Folks tuned into HQ Trivia for the prospect of profitable a money prize, however the odds of profitable had been slim. Thousands and thousands of viewers got here again every evening due to Rogowsky’s fast wit and attraction, which earned him a cult following of followers who nonetheless name him “Quiz Daddy.”
“From the psychological, emotional facet, I couldn’t actually course of what was going on,” Rogowsky says, reflecting on his viral fame. “And in the seven humbling years since, I’ve a vastly new perspective… I’ve my fanbase, I’ve my core followers proper right here. They’re on board with me, and it’s a matter of getting the phrase out.”

Rogowsky acquired quite a lot of messages over the years from individuals who needed to assist him construct the subsequent HQ. However final 12 months, a direct message on X from European recreation designer Johan de Jager grabbed his consideration.
“The thought was the host performs towards the viewers, so it’s like a two-way interplay,” Rogowsky says. “Think about HQ if I wasn’t simply asking the questions but additionally answering [them]… That provides one other layer to it that nobody had considered before.”
However in the age of AI, the place gamers can simply search for solutions, Rogowsky was skeptical {that a} trivia recreation might work pretty, so Savvy embraced phrase puzzles as an alternative.
Probably the most that Savvy has paid out in a single recreation is round $400 — small in contrast to HQ’s occasional six-figure prize swimming pools. That’s as a result of Rogowsky and his co-founders are funding the firm themselves.

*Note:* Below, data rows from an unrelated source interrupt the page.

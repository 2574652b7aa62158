-- ===== src/Protocol/BytesLaws.antt =====
-- Laws of splitting, joining and hexadecimal printing.
use keg_pulse.Base.{
  ℕ, ◌/◌, ◌%◌, ◌<◌, ◌^◌, ◌≡◌, refl, Bool, true, false, none, some, List, [], ◌∷◌, ◌++◌, arith, ◌==◌,
  not, All, ap, inl, inr, Bool-cases, ==_iff,
}
use keg_pulse.Base.Text.{Text}
use keg_pulse.Protocol.Bytes.{
  all, is_hex, unsnoc, rsplit, split, join, hex_digit, hex_value, print_hex4, parse_hex,
  parse_hex_from,
}

-- The text does not hold the character.
abbrev pub Lacks : ℕ → Text → Type 0
Lacks c t = all (λ x. not (x == c)) t ≡ true

-- A class within another
abbrev pub Within : (ℕ → Bool) → (ℕ → Bool) → Type 0
Within p q = (c : ℕ) → p c ≡ true → q c ≡ true

pub all-Within : (p q : ℕ → Bool) (t : Text) → Within p q → all p t ≡ true → all q t ≡ true
unfolding all
all-Within p q [] h a = refl
all-Within p q (x ∷ xs) h a = ground (arith, h x, all-Within p q xs h)

pub all-append :
    (p : ℕ → Bool) (s t : Text) → all p s ≡ true → all p t ≡ true → all p (s ++ t) ≡ true
unfolding all
all-append p [] t a b = b
all-append p (x ∷ xs) t a b = ground (arith, all-append p xs t)

pub all-cons :
    (p : ℕ → Bool) (x : ℕ) (t : Text) → p x ≡ true → all p t ≡ true → all p (x ∷ t) ≡ true
unfolding all
all-cons p x t a b = ground arith

pub all-join :
    (p : ℕ → Bool) (c : ℕ) (ws : List Text)
    → p c ≡ true
    → All (λ w. all p w ≡ true) ws
    → all p (join c ws) ≡ true
unfolding join
all-join p c [] h a = unfold all in refl
all-join p c (w ∷ []) h a = a.0
all-join p c (w ∷ v ∷ vs) h a =
    all-append p w (c ∷ join c (v ∷ vs)) a.0
      (all-cons p c (join c (v ∷ vs)) h (all-join p c (v ∷ vs) h a.1))

pub unsnoc-append : (xs : Text) (y : ℕ) → unsnoc (xs ++ (y ∷ [])) ≡ some (xs, y)
unfolding unsnoc
unsnoc-append [] y = refl
unsnoc-append (x ∷ xs) y = rw (unsnoc-append xs y)

rsplit-Lacks : (c : ℕ) (t : Text) → Lacks c t → rsplit c t ≡ none
unfolding rsplit all
rsplit-Lacks c [] h = refl
rsplit-Lacks c (x ∷ xs) h = ground (arith, rsplit-Lacks c xs)

pub rsplit-append : (c : ℕ) (s t : Text) → Lacks c t → rsplit c (s ++ (c ∷ t)) ≡ some (s, t)
unfolding rsplit
rsplit-append c [] t h = ground (arith, rsplit-Lacks c t h)
rsplit-append c (x ∷ xs) t h = rw (rsplit-append c xs t h)

pub split-Lacks : (c : ℕ) (t : Text) → Lacks c t → split c t ≡ t ∷ []
unfolding split all
split-Lacks c [] h = refl
split-Lacks c (x ∷ xs) h = ground (arith, split-Lacks c xs)

pub split-append : (c : ℕ) (s t : Text) → Lacks c s → split c (s ++ (c ∷ t)) ≡ s ∷ split c t
unfolding split all
split-append c [] t h = ground arith
split-append c (x ∷ xs) t h = ground (arith, split-append c xs t)

-- Splitting undoes joining where no part holds the separator.
pub split-join :
    (c : ℕ) (w : Text) (ws : List Text)
    → All (Lacks c) (w ∷ ws)
    → split c (join c (w ∷ ws)) ≡ w ∷ ws
unfolding join
split-join c w [] h = split-Lacks c w h.0
split-join c w (v ∷ vs) h =
    rw (split-append c w (join c (v ∷ vs)) h.0) (ap (◌∷◌ w) (split-join c v vs h.1))

hex_value-hex_digit : (n : ℕ) → n < 16 → hex_value (hex_digit n) ≡ n
unfolding hex_value hex_digit
hex_value-hex_digit n h = ground arith

pub hex_digit-is_hex : (n : ℕ) → n < 16 → is_hex (hex_digit n) ≡ true
unfolding is_hex hex_digit
hex_digit-is_hex n h = ground arith

pub parse_hex-print_hex4 : (n : ℕ) → n < 2 ^ 16 → parse_hex (print_hex4 n) ≡ n
unfolding parse_hex parse_hex_from print_hex4
parse_hex-print_hex4 n h =
    rw
      (
        hex_value-hex_digit (n / 4096 % 16) (omega arith),
        hex_value-hex_digit (n / 256 % 16) (omega arith),
        hex_value-hex_digit (n / 16 % 16) (omega arith),
        hex_value-hex_digit (n % 16) (omega arith),
      )
      (omega arith)

pub all-print_hex4 : (n : ℕ) → all is_hex (print_hex4 n) ≡ true
unfolding print_hex4 all
all-print_hex4 n = rw (
  hex_digit-is_hex (n / 4096 % 16) (omega arith),
  hex_digit-is_hex (n / 256 % 16) (omega arith),
  hex_digit-is_hex (n / 16 % 16) (omega arith),
  hex_digit-is_hex (n % 16) (omega arith),
)

pub all_cons_parts :
    (p : ℕ → Bool) (x : ℕ) (xs : Text) → all p (x ∷ xs) ≡ true → (p x ≡ true) × (all p xs ≡ true)
unfolding all
all_cons_parts p x xs h = ground arith

-- A text of characters that do not include the separator does not hold it.
pub lacks : (c : ℕ) (p : ℕ → Bool) (t : Text) → p c ≡ false → all p t ≡ true → Lacks c t
unfolding all
lacks c p [] h a = refl
lacks c p (x ∷ xs) h a = elim (Bool-cases (x == c)) [
  | inl e ↦ let x_is_c : x ≡ c = (==_iff x c).0 e in cc (ap p x_is_c, (all_cons_parts p x xs a).0)
  | inr e ↦ rw e (lacks c p xs h (all_cons_parts p x xs a).1)
]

“Look, I do know this isn’t the 1000’s of {dollars} that you simply noticed on HQ, the a whole bunch of 1000’s that we finally acquired to,” Rogowsky mentioned on one latest TextSavvy broadcast. “However the distinction is HQ was funded by enterprise capital. They’d $8 million in the financial institution to begin. They acquired one other $15 million from different enterprise capitalists. We don’t acquired that… This is a low-budge operashe as a result of I’m paying for it!”
Rogowsky says he has spoken with buyers about Savvy and even gotten some attractive provides. However enterprise backing usually comes with strain on founders to maximize returns as quick as they will, a mannequin that may set a enterprise up to fail, as HQ demonstrated.
“Folks need to 10x and 100x [their investment]… I’d be very comfortable to get to a degree of profitability, to the place we will simply continue to grow the firm, preserve hiring extra individuals, preserve making extra video games,” Rogowsky says. “I’m not searching for some sort of eight-figure, nine-figure exit. This is what I need to do. I’m going to do that so long as I proceed to get up each morning and say, ‘Goddamn, I’m excited to rise up there in entrance of that digicam and have enjoyable.’”
TextSavvy is presently working a “Season 0,” a gentle launch that enables the staff to work via technical kinks before formally launching on March 1. To this point, with out a lot promotion, TextSavvy has peaked at about 4,000 viewers in a single evening.
That’s not a lot in contrast to the HQ days. Then once more, when TechCrunch first wrote about HQ, the app solely had about 3,300 concurrent viewers. Who’s to say Savvy can’t do it once more?
“We’re not going wherever this time,” Rogowsky mentioned. “There’s nobody to hearth me. There’s no drama, there’s no rigidity. There’s not going to be a documentary about Savvy the method there was about HQ.”